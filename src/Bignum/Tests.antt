-- ===== src/Bignum/Tests.antt =====
-- The arithmetic of crypto.c at concrete inputs.
use mox_boot_builder.Prelude.{
  ℕ, ◌+◌, ◌*◌, ◌%◌, ◌≤◌, ◌≡◌, refl, arith, some, List, [], ◌∷◌, length, replicate,
}
use mox_boot_builder.Bignum.{bn_add, bn_cmp, bn_addmod}
use mox_boot_builder.Bignum.Value.{value, scale, AllWords}
use mox_boot_builder.Bignum.Sum.{bn_add_lem}
use mox_boot_builder.Bignum.Compare.{order_of, bn_cmp-order}
use mox_boot_builder.Bignum.Modulo.{bn_addmod_lem}

-- 2 ^ 512 + 5, and 7.
abbrev big : List ℕ
big = 5 ∷ 0 ∷ 0 ∷ 0 ∷ 0 ∷ 0 ∷ 0 ∷ 0 ∷ 0 ∷ 0 ∷ 0 ∷ 0 ∷ 0 ∷ 0 ∷ 0 ∷ 0 ∷ 1 ∷ []

abbrev word : ℕ → List ℕ
word w = w ∷ replicate 16 0

bn_add_lem_example :
    let r = bn_add (0xffffffff ∷ 3 ∷ []) (1 ∷ 4 ∷ []) in
    (value r.0 + scale 2 * r.1 ≡ value (0xffffffff ∷ 3 ∷ []) + value (1 ∷ 4 ∷ []))
    × (r.1 ≤ 1)
    × AllWords r.0
    × (length r.0 ≡ 2)
bn_add_lem_example = bn_add_lem (0xffffffff ∷ 3 ∷ []) (1 ∷ 4 ∷ []) (omega arith) (omega arith) refl

bn_cmp-order_example : bn_cmp big (word 7) ≡ order_of (value big) (value (word 7))
bn_cmp-order_example = bn_cmp-order big (word 7) (omega arith) (omega arith) refl refl

bn_addmod_lem_example :
    (out : List ℕ) × (bn_addmod 3 (word 12) (word 7) (word 9) ≡ some out)
    × (value out ≡ (value (word 12) + value (word 7)) % value (word 9))
    × AllWords out
    × (length out ≡ 17)
bn_addmod_lem_example =
    bn_addmod_lem 3 (word 12) (word 7) (word 9) (omega arith) (omega arith) (omega arith) refl refl
      refl (omega arith) (omega arith)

□ □ □ □

Work to complete:
In the entries above, please find the line with "word w = w ∷ replicate 16 0" and the line with "bn_addmod_lem 3 (word", then write out exactly those two lines and every line between them, and nothing more.

Written solution:
word w = w ∷ replicate 16 0

bn_add_lem_example :
    let r = bn_add (0xffffffff ∷ 3 ∷ []) (1 ∷ 4 ∷ []) in
    (value r.0 + scale 2 * r.1 ≡ value (0xffffffff ∷ 3 ∷ []) + value (1 ∷ 4 ∷ []))
    × (r.1 ≤ 1)
    × AllWords r.0
    × (length r.0 ≡ 2)
bn_add_lem_example = bn_add_lem (0xffffffff ∷ 3 ∷ []) (1 ∷ 4 ∷ []) (omega arith) (omega arith) refl

bn_cmp-order_example : bn_cmp big (word 7) ≡ order_of (value big) (value (word 7))
bn_cmp-order_example = bn_cmp-order big (word 7) (omega arith) (omega arith) refl refl

bn_addmod_lem_example :
    (out : List ℕ) × (bn_addmod 3 (word 12) (word 7) (word 9) ≡ some out)
    × (value out ≡ (value (word 12) + value (word 7)) % value (word 9))
    × AllWords out
    × (length out ≡ 17)
bn_addmod_lem_example =
    bn_addmod_lem 3 (word 12) (word 7) (word 9) (omega arith) (omega arith) (omega arith) refl refl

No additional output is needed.